UNITED STATES
SECURITIES AND EXCHANGE COMMISSION
Washington, DC 20549
FORM 8-K
CURRENT REPORT
Pursuant to Section 13 or 15(d) of the Securities Exchange Act of 1934
Date of Report (Date of earliest event reported): September 5, 2007
NorthStar Realty Finance Corp.
(Exact name of registrant as specified in its charter)

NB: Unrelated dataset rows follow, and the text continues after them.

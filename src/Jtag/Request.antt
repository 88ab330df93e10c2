-- ===== src/Jtag/Request.antt =====
-- What the thread asks of the target, and what it makes of the answer.
use demo_testbench.Base.{ℕ, zero, suc, ◌+◌, ◌*◌, ◌%◌, ◌^◌, ◌≤◌, ◌<◌, ltb, if◌then◌else◌}
use demo_testbench.Base.{
  List, [], ◌++◌, length, take, drop, tabulate, length-tabulate, length-take, length-append,
  length-drop,
}
use demo_testbench.Base.{take_front, drop_front, take_less, Option, some, Outcome, done, Status, ok}
use demo_testbench.Base.{◌≡◌, refl, ap, ◌∙◌, sym, arith, false}
use demo_testbench.Cbuf.{Cbuf, fill_level}
use demo_testbench.Cbuf.Valid.{IsValid, fill_level_lem}
use demo_testbench.Cbuf.Contents.{contents, length-contents}
use demo_testbench.Cbuf.Copy.{memcpy-concat}
use demo_testbench.Cbuf.Api.Peek.{peek-IsPeeked, peek-zero, peeked-IsValid}
use demo_testbench.Jtag.{Jtag, to_bytes, copy_payload, load_peeked, build_jtag_req}
use demo_testbench.Jtag.Words.{copy_to_word, copy_from_word, max_wsize}
use demo_testbench.Jtag.Words.Laws.{
  max_wsize_lem, kept, copy_from_word-copy_to_word, copy_from_word_ext,
}

-- A payload and the four words beside it have room in what is made for the longer payload.
pub room_lem :
    (words most width : ℕ) → words ≤ most → words * width + width * 4 ≤ (most + 4) * width
room_lem words most zero h = omega arith
room_lem words most (suc w) h = grind (arith, room_lem words most w h)

-- What the request says and carries.
pub record Requested (u : Jtag) (wr_words rd_words : ℕ) (req : List ℕ) (b : Cbuf) : Type 0 where
  pub size :
      length req
      ≡ ((if ltb rd_words wr_words then wr_words else rd_words) + 4) * u.target_word_width
  pub says_written :
      copy_from_word u.target_word_width req 0 ≡ done (kept u.target_word_width wr_words)
  pub says_read :
      copy_from_word u.target_word_width req u.target_word_width
      ≡ done (kept u.target_word_width rd_words)
  pub carries :
      take (wr_words * u.target_word_width) (drop (u.target_word_width * 2) req)
      ≡ take (wr_words * u.target_word_width) (contents u.write_buf)
  pub keeps : contents b ≡ contents u.write_buf
  pub ring_valid : IsValid b
  pub ring_size : b.size ≡ u.write_buf.size

-- The words of the head, behind which the payload is copied.
head_kept :
    (width value value' : ℕ) (zeros : List ℕ)
    → 0 < width
    → width * 2 ≤ length zeros
    → (head : List ℕ) × (head' : List ℕ) × (copy_to_word width value zeros 0 ≡ done head)
      × (copy_to_word width value' head width ≡ done head')
      × (length head' ≡ length zeros)
      × (copy_from_word width head' 0 ≡ done (kept width value))
      × (copy_from_word width head' width ≡ done (kept width value'))
head_kept width value value' zeros pos room =
    let (head, runs, holds, before, after, len) =
      copy_from_word-copy_to_word width value zeros 0 pos (omega arith) in
    let (head', runs', holds', before', after', len') =
      copy_from_word-copy_to_word width value' head width pos (omega arith) in
    let zero_width : 0 + width ≡ width = omega arith in
    (
      head,
      head',
      runs,
      runs',
      len' ∙ len,
      copy_from_word_ext width 0 head' head (omega arith) (omega arith) (rw zero_width before')
          ∙ holds,
      holds',
    )

-- `realloc` gives the memory asked for.
module _ (realloc : Option (List ℕ) → ℕ → Option (List ℕ))
    (gives : (tmp : Option (List ℕ)) (n : ℕ)
      → (block : List ℕ) × (realloc tmp n ≡ some block) × (length block ≡ n)) where
  -- The oldest bytes of the write buffer stand behind the head, and none is taken.
  copy_payload_lem :
      (u : Jtag) (req : List ℕ) (n : ℕ)
      → IsValid u.write_buf
      → n ≤ length (contents u.write_buf)
      → n < 2 ^ 30
      → u.target_word_width * 2 + n ≤ length req
      → let at = u.target_word_width * 2 in
        (b : Cbuf) × (copy_payload realloc u req n
          ≡ done (
            ok,
            take at req ++ (take n (contents u.write_buf) ++ drop (at + n) req),
            record u { write_buf = b },
          ))
        × IsValid b
        × (contents b ≡ contents u.write_buf)
        × (b.size ≡ u.write_buf.size)
  unfolding copy_payload load_peeked
  copy_payload_lem u req zero v le small room =
      let copied = memcpy-concat req (u.target_word_width * 2) [] 0 refl room in
      (u.write_buf, rw (peek-zero realloc u.write_buf, copied) refl, v, refl, refl)
  copy_payload_lem u req (suc n) v le small room =
      let level : suc n ≤ fill_level u.write_buf =
        omega (arith, fill_level_lem v, length-contents u.write_buf) in
      let (ptr, b, peeks, p) = peek-IsPeeked realloc gives (suc n) v (omega arith) small level in
      let xs = take (suc n) (contents u.write_buf) in
      let len : length xs ≡ suc n = omega (arith, length-take (suc n) (contents u.write_buf)) in
      let copied = memcpy-concat req (u.target_word_width * 2) xs (suc n) len room in
      let (valid, same, size) = peeked-IsValid v p in
      (b, rw (peeks, p.bytes, copied) refl, valid, same, size)

  -- The request built, from what its parts give.
  built_from :
      (u : Jtag) (wr_words rd_words req_size most total n : ℕ) (head head' : List ℕ)
      (out : Outcome (Status × List ℕ × Jtag))
      → max_wsize wr_words rd_words ≡ most
      → to_bytes u ((most + 4) % 2 ^ 32) ≡ total
      → to_bytes u wr_words ≡ n
      → ltb req_size total ≡ false
      → copy_to_word u.target_word_width wr_words (tabulate total (λ i. 0)) 0 ≡ done head
      → copy_to_word u.target_word_width rd_words head u.target_word_width ≡ done head'
      → copy_payload realloc u head' n ≡ out
      → build_jtag_req realloc u wr_words rd_words req_size ≡ out
  unfolding build_jtag_req
  built_from u wr_words rd_words req_size most total n head head' out a b c d e f g =
      rw (a, b, d, e, f, c) g

  -- With words of a width above 0, a valid write buffer that has the words to be written, and a
  -- request of at most the size that there is room for and below 2^30 bytes, the request is built:
  -- it has room for the longer of the two payloads and four words more, its head says how many words
  -- are written and how many are asked for, as far as a word of that width keeps them, behind the
  -- head stand the oldest bytes of the write buffer, and the write buffer loses none.
  pub build_jtag_req-Requested :
      (u : Jtag) (wr_words rd_words req_size : ℕ)
      → 0 < u.target_word_width
      → IsValid u.write_buf
      → wr_words * u.target_word_width ≤ length (contents u.write_buf)
      → wr_words < 2 ^ 30
      → rd_words < 2 ^ 30
      → ((if ltb rd_words wr_words then wr_words else rd_words) + 4) * u.target_word_width < 2 ^ 30
      → ((if ltb rd_words wr_words then wr_words else rd_words) + 4) * u.target_word_width
        ≤ req_size
      → (req : List ℕ) × (b : Cbuf) × (build_jtag_req realloc u wr_words rd_words req_size
          ≡ done (ok, req, record u { write_buf = b }))
        × Requested u wr_words rd_words req b
  unfolding to_bytes
  build_jtag_req-Requested u wr_words rd_words req_size pos v there wr_small rd_small small fits =
      let width = u.target_word_width in
      let most : ℕ = if ltb rd_words wr_words then wr_words else rd_words in
      let total : ℕ = (most + 4) * width in
      let most_is = max_wsize_lem wr_words rd_words (omega arith) (omega arith) in
      let most_small : most < 2 ^ 30 = ground arith in
      let wr_le : wr_words ≤ most = ground arith in
      let wr_total : wr_words * width + width * 4 ≤ total = room_lem wr_words most width wr_le in
      let sum : (most + 4) % 2 ^ 32 ≡ most + 4 = omega arith in
      let bytes : total % 2 ^ 32 ≡ total = omega arith in
      let wr_bytes : wr_words * width % 2 ^ 32 ≡ wr_words * width = omega arith in
      let enough : ltb req_size total ≡ false = ground arith in
      let zeros : List ℕ = tabulate total (λ i. 0) in
      let zeros_len : length zeros ≡ total = length-tabulate {A = ℕ} total (λ i. 0) in
      let (head, head', runs, runs', len, says, says') =
        head_kept width wr_words rd_words zeros pos (omega arith) in
      let (b, copies, valid, keeps, same_size) =
        copy_payload_lem u head' (wr_words * width) v there (omega arith) (omega arith) in
      let n = wr_words * width in
      let payload = take n (contents u.write_buf) in
      let req = take (width * 2) head' ++ (payload ++ drop (width * 2 + n) head') in
      let front : length (take (width * 2) head') ≡ width * 2 =
        omega (arith, length-take (width * 2) head', room_lem wr_words most width wr_le) in
      let n_len : length payload ≡ n = omega (arith, length-take n (contents u.write_buf)) in
      let rest = drop (width * 2 + n) head' in
      let req_len : length req ≡ total = omega (
        arith,
        length-append (take (width * 2) head') (payload ++ rest),
        length-append payload rest,
        length-drop (width * 2 + n) head',
        wr_total,
      ) in
      let same_head : take (width * 2) req ≡ take (width * 2) head' =
        take_front (take (width * 2) head') (payload ++ rest) (width * 2) front in
      let agree : (k : ℕ) → k ≤ width * 2 → take k req ≡ take k head' = λ k h.
        sym (take_less k (width * 2) req h)
        ∙ (ap (λ l. take k l) same_head ∙ take_less k (width * 2) head' h) in
      (
        req,
        b,
        built_from u wr_words rd_words req_size most total n head head'
            (done (ok, req, record u { write_buf = b })) most_is (rw (sum, bytes) refl) wr_bytes
            enough runs runs' copies,
        record {
          size = req_len;
          says_written =
              copy_from_word_ext width 0 req head' (omega arith) (omega arith)
                (agree (0 + width) (omega arith))
              ∙ says;
          says_read =
              copy_from_word_ext width width req head' (omega arith) (omega arith)
                (agree (width + width) (omega arith))
              ∙ says';
          carries =
              ap (λ l. take n l)
                (drop_front (take (width * 2) head') (payload ++ rest) (width * 2) front)
              ∙ take_front payload rest n n_len;
          keeps = keeps;
          ring_valid = valid;
          ring_size = same_size;
        },
      )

Maryland (State or other jurisdiction of incorporation) | | 001-32330 (Commission File Number) | | 11-3707493 (I.R.S. Employer Identification No.) |
399 Park Avenue, 18th Floor, New York | | 10022 |
(Address of principal executive offices) | | (Zip Code) |
(212) 547-2600
(Registrant's telephone number, including area code)
N/A
(Former name or former address, if changed since last report.)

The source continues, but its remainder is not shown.